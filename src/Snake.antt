-- ===== src/Snake.antt =====
-- The game of Snake (src/snake.rs). An `i32` is its word of 32 bits: below 2 ^ 31 it is not
-- negative. The drawing and the log are left out; the file of the high score is the caller's.
mod Body
mod Play
mod Food
mod Tests
use Prim.Native.Nat.{bit_or, bit_xor}
use veil_os.Base.{◌>>=◌}
use veil_os.Base.{
  ℕ, zero, suc, ◌+◌, ◌-◌, ◌*◌, ◌/◌, ◌%◌, ◌^◌, ◌≤◌, ◌<◌, min, max, ◌≡◌, refl, sym, ap, ◌∙◌, ◌≢◌, ◌↔◌,
  ◌⊎◌, inl, inr, Bool, true, false, not, ◌&&◌, ◌||◌, List, [], ◌∷◌, ◌++◌, map, Option, none, some,
  arith, ltb, leb, ◌==◌, if◌then◌else◌, Bool-cases, lt→ltb, some_inj, replicate, get_elem?-lt,
  get_elem?-append, get_elem?-last, get_elem?-append_length, get_elem?-append_cases, length-take,
  length-drop, length-map, length-replicate, take-append-drop, take-append, leb→le, ltb→lt, ==_iff,
  Option-cases, length, length-append, length-set, get_elem?, set, get_or, take, drop,
}

abbrev pub cols : ℕ
cols = 18

abbrev pub rows : ℕ
rows = 18

-- -1.
abbrev pub minus_one : ℕ
minus_one = 2 ^ 32 - 1

abbrev pub Cell : Type 0
Cell = ℕ × ℕ

-- The head comes first.
pub record SnakeState : Type 0 where
  pub body : List Cell
  pub dir : Cell
  pub pending : Cell
  pub food : Cell
  pub score : ℕ
  pub high : ℕ
  pub over : Bool
  pub next_tick : ℕ
  pub rng : ℕ

abbrev pub start_body : List Cell
start_body = (9, 9) ∷ (8, 9) ∷ (7, 9) ∷ []

unfoldable pub new : ℕ → ℕ → SnakeState
new high ticks = record {
  body = start_body;
  dir = (1, 0);
  pending = (1, 0);
  food = (12, 9);
  score = 0;
  high = high;
  over = false;
  next_tick = 0;
  rng = bit_or ((ticks * 2654435761 + 12345) % 2 ^ 64) 1;
}

unfoldable pub same_cell : Cell → Cell → Bool
same_cell (x, y) (u, v) = (x == u) && (y == v)

unfoldable pub contains : List Cell → Cell → Bool
contains [] c = false
contains (d ∷ body) c = same_cell d c || contains body c

-- The number and the state of the generator after it are the same word.
unfoldable pub rand : ℕ → ℕ
rand x =
    let a = bit_xor x (x * 2 ^ 13 % 2 ^ 64) in
    let b = bit_xor a (a / 2 ^ 7) in bit_xor b (b * 2 ^ 17 % 2 ^ 64)

-- The loop ends only when it draws a free cell: `none` if no round of the fuel does.
unfoldable pub place_food : ℕ → SnakeState → Option SnakeState
place_food zero st = none
place_food (suc fuel) st =
    let r1 = rand st.rng in
    let r2 = rand r1 in
    let cell : Cell = (r1 % cols, r2 % rows) in
    let again = place_food fuel (record st { rng = r2 }) in
    if not (contains st.body cell) then some (record st { food = cell; rng = r2 }) else again

unfoldable pub restart : ℕ → SnakeState → Option SnakeState
restart fuel st =
    place_food fuel
      (record st { body = start_body; dir = (1, 0); pending = (1, 0); score = 0; over = false })

unfoldable pub add32 : ℕ → ℕ → ℕ
add32 a b = (a + b) % 2 ^ 32

unfoldable pub negate : ℕ → ℕ
negate a = (2 ^ 32 - a) % 2 ^ 32

-- `0 <= a && a < n` of the signed word.
unfoldable pub is_within : ℕ → ℕ → Bool
is_within n a = ltb a (2 ^ 31) && ltb a n

-- The pending direction, unless it turns back onto the neck.
unfoldable pub turn : SnakeState → SnakeState
turn st =
    let (dx, dy) = st.dir in
    if not (same_cell st.pending (negate dx, negate dy)) then record st { dir = st.pending } else st

unfoldable pub game_over : SnakeState → SnakeState
game_over st =
    if ltb st.high st.score
    then record st { over = true; high = st.score }
    else record st { over = true }

unfoldable pub pop : List Cell → List Cell
pop [] = []
pop (c ∷ []) = []
pop (c ∷ d ∷ body) = c ∷ pop (d ∷ body)

-- The snake goes on to a free cell.
unfoldable pub move_to : ℕ → SnakeState → Cell → Option SnakeState
move_to fuel st nh =
    if same_cell nh st.food
    then place_food fuel (record st { body = nh ∷ st.body; score = add32 st.score 1 })
    else some (record st { body = pop (nh ∷ st.body) })

unfoldable pub next_head : SnakeState → Cell → Cell
next_head st (x, y) = let (dx, dy) = st.dir in (add32 x dx, add32 y dy)

unfoldable pub is_free : SnakeState → Cell → Bool
is_free st (x, y) = is_within cols x && is_within rows y && not (contains st.body (x, y))

-- `none` is also the panic on an empty body.
unfoldable pub advance_from : ℕ → SnakeState → List Cell → Option SnakeState
advance_from fuel st [] = none
advance_from fuel st (head ∷ tail) =
    let nh : Cell = next_head st head in
    if is_free st nh then move_to fuel st nh else some (game_over st)

unfoldable pub advance : ℕ → SnakeState → Option SnakeState
advance fuel st = if st.over then some st else advance_from fuel (turn st) (turn st).body

-- The state after a key, and whether the key was taken.
unfoldable pub key : ℕ → SnakeState → ℕ → Option (SnakeState × Bool)
key fuel st code =
    if code == 105 || code == 30
    then some (record st { pending = (minus_one, 0) }, true)
    else if code == 106 || code == 32
    then some (record st { pending = (1, 0) }, true)
    else if code == 103 || code == 17
    then some (record st { pending = (0, minus_one) }, true)
    else if code == 108 || code == 31
    then some (record st { pending = (0, 1) }, true)
    else if (code == 19) && st.over
    then (restart fuel st >>= λ st'. some (st', true))
    else some (st, false)

unfoldable pub tick : ℕ → SnakeState → ℕ → Option (SnakeState × Bool)
tick fuel st now =
    if st.over || ltb now st.next_tick
    then some (st, false)
    else (advance fuel (record st { next_tick = (now + 7) % 2 ^ 64 }) >>= λ st'. some (st', true))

+--

Looking at the entries above, can you reproduce exactly the lines from the one that holds "pub pending : Cell" through the one that holds "high = high;", and only those?

  pub pending : Cell
  pub food : Cell
  pub score : ℕ
  pub high : ℕ
  pub over : Bool
  pub next_tick : ℕ
  pub rng : ℕ

abbrev pub start_body : List Cell
start_body = (9, 9) ∷ (8, 9) ∷ (7, 9) ∷ []

unfoldable pub new : ℕ → ℕ → SnakeState
new high ticks = record {
  body = start_body;
  dir = (1, 0);
  pending = (1, 0);
  food = (12, 9);
  score = 0;
  high = high;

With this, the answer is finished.